-- PROBLEM TO WORK ON --
In the data below, find the line containing "pub mod Pick", then set down that line and every later line up to and including the line containing "flip lt a b = lt b a", exactly.

[[ DATASET RECORDS, beginning ]]

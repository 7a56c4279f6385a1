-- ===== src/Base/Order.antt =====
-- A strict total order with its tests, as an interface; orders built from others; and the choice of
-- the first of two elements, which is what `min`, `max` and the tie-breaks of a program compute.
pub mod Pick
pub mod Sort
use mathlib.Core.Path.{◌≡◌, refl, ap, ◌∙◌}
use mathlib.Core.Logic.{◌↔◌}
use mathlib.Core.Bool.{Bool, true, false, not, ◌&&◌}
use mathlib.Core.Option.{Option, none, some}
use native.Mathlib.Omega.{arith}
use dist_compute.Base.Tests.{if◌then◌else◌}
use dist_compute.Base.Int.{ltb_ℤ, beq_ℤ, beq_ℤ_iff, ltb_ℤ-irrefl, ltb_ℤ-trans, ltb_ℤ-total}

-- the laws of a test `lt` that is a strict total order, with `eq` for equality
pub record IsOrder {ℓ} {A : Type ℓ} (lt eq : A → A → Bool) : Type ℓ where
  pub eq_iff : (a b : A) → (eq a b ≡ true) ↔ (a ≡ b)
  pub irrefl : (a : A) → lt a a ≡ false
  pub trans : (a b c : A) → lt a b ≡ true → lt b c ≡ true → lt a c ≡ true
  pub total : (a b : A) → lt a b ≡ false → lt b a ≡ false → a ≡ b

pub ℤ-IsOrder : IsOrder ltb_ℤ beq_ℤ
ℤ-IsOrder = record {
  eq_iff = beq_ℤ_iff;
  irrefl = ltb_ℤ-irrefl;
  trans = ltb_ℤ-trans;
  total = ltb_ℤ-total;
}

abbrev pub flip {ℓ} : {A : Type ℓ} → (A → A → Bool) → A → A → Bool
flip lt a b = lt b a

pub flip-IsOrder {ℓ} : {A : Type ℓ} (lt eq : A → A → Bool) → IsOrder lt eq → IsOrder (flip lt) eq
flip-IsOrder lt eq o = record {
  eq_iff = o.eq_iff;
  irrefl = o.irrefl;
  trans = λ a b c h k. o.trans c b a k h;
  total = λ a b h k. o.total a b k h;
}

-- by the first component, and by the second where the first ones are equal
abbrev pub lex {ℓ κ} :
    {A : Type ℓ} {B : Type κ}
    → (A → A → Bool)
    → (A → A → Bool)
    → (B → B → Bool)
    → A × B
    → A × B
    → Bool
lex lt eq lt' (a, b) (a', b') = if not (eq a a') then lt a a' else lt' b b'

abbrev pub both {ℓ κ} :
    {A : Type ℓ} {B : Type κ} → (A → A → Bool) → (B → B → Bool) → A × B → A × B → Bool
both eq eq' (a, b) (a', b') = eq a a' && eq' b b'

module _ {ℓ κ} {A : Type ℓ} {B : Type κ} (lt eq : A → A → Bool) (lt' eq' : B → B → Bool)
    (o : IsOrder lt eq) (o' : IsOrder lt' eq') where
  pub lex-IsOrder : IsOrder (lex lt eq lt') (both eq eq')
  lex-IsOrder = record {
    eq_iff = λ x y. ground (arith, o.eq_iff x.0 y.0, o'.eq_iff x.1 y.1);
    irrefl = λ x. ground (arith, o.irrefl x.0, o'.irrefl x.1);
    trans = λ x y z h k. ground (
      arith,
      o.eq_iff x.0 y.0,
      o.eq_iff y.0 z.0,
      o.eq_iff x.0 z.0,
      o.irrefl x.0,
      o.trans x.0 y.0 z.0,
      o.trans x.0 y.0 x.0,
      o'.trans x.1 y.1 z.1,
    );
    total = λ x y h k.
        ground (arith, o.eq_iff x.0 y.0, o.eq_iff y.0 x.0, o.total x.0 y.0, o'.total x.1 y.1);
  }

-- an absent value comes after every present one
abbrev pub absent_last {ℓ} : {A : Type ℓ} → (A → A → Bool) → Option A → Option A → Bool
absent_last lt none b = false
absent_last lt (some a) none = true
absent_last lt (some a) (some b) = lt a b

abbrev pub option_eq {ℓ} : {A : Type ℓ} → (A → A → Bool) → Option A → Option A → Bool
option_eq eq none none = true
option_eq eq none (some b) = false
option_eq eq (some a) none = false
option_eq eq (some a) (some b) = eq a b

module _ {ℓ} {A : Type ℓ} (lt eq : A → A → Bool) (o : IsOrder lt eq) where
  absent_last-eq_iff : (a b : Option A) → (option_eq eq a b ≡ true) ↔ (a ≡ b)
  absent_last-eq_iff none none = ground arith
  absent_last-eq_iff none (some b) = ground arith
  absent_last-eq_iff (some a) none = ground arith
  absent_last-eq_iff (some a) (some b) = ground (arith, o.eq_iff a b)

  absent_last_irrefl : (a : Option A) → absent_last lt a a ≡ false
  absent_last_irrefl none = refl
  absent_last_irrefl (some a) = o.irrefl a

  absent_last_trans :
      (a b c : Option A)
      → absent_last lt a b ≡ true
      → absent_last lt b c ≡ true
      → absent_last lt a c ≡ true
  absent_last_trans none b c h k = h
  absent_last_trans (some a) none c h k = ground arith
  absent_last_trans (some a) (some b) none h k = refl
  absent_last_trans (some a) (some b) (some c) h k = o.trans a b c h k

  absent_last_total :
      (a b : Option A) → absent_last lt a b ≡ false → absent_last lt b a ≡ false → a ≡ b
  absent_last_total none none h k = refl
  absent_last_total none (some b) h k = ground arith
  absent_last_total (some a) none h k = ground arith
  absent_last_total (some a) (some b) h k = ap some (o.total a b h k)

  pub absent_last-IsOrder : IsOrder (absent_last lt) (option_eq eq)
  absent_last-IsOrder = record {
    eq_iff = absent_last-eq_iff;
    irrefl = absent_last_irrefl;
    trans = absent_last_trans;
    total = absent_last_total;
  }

[[ DATASET RECORDS, end ]]
[[ DATASET RECORDS, beginning ]]

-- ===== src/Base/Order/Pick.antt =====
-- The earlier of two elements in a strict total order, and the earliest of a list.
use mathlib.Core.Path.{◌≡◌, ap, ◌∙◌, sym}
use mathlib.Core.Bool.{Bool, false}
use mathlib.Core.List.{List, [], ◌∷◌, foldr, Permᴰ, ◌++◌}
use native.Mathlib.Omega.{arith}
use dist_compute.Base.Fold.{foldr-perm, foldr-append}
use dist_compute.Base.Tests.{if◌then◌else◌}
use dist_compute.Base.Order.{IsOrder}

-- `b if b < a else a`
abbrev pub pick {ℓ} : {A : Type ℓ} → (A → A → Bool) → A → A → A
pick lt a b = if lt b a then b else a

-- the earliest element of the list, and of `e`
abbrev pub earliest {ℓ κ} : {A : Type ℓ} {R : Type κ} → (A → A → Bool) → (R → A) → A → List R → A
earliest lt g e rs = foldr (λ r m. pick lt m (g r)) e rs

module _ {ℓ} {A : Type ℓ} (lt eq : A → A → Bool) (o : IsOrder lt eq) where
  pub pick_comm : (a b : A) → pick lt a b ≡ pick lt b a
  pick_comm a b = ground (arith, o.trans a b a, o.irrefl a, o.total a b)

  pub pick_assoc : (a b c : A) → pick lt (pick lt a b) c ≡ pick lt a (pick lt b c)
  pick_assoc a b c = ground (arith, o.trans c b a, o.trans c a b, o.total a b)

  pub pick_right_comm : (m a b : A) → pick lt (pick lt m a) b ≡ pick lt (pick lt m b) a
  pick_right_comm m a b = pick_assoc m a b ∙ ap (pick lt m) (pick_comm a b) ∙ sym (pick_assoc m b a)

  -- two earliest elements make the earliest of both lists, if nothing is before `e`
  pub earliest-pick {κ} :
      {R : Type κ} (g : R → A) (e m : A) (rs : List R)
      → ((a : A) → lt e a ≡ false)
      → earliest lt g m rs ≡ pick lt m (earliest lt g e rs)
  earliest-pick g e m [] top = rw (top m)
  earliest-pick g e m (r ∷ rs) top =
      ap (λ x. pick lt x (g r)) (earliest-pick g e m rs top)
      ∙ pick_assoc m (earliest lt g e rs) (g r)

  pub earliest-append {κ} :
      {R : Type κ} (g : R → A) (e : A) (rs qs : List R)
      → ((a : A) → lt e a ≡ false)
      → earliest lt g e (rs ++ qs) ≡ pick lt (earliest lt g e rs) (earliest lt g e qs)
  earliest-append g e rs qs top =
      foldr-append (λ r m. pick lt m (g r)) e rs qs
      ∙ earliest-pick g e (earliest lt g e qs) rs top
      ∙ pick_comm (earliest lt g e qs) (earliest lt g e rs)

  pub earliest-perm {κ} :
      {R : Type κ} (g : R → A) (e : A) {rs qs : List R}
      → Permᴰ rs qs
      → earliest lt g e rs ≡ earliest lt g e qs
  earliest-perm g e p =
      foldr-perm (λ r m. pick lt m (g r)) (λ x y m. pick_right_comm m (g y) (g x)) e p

[[ DATASET RECORDS, end ]]

-- FINISHED EXERCISE --
pub mod Pick
pub mod Sort
use mathlib.Core.Path.{◌≡◌, refl, ap, ◌∙◌}
use mathlib.Core.Logic.{◌↔◌}
use mathlib.Core.Bool.{Bool, true, false, not, ◌&&◌}
use mathlib.Core.Option.{Option, none, some}
use native.Mathlib.Omega.{arith}
use dist_compute.Base.Tests.{if◌then◌else◌}
use dist_compute.Base.Int.{ltb_ℤ, beq_ℤ, beq_ℤ_iff, ltb_ℤ-irrefl, ltb_ℤ-trans, ltb_ℤ-total}

-- the laws of a test `lt` that is a strict total order, with `eq` for equality
pub record IsOrder {ℓ} {A : Type ℓ} (lt eq : A → A → Bool) : Type ℓ where
  pub eq_iff : (a b : A) → (eq a b ≡ true) ↔ (a ≡ b)
  pub irrefl : (a : A) → lt a a ≡ false
  pub trans : (a b c : A) → lt a b ≡ true → lt b c ≡ true → lt a c ≡ true
  pub total : (a b : A) → lt a b ≡ false → lt b a ≡ false → a ≡ b

pub ℤ-IsOrder : IsOrder ltb_ℤ beq_ℤ
ℤ-IsOrder = record {
  eq_iff = beq_ℤ_iff;
  irrefl = ltb_ℤ-irrefl;
  trans = ltb_ℤ-trans;
  total = ltb_ℤ-total;
}

abbrev pub flip {ℓ} : {A : Type ℓ} → (A → A → Bool) → A → A → Bool
flip lt a b = lt b a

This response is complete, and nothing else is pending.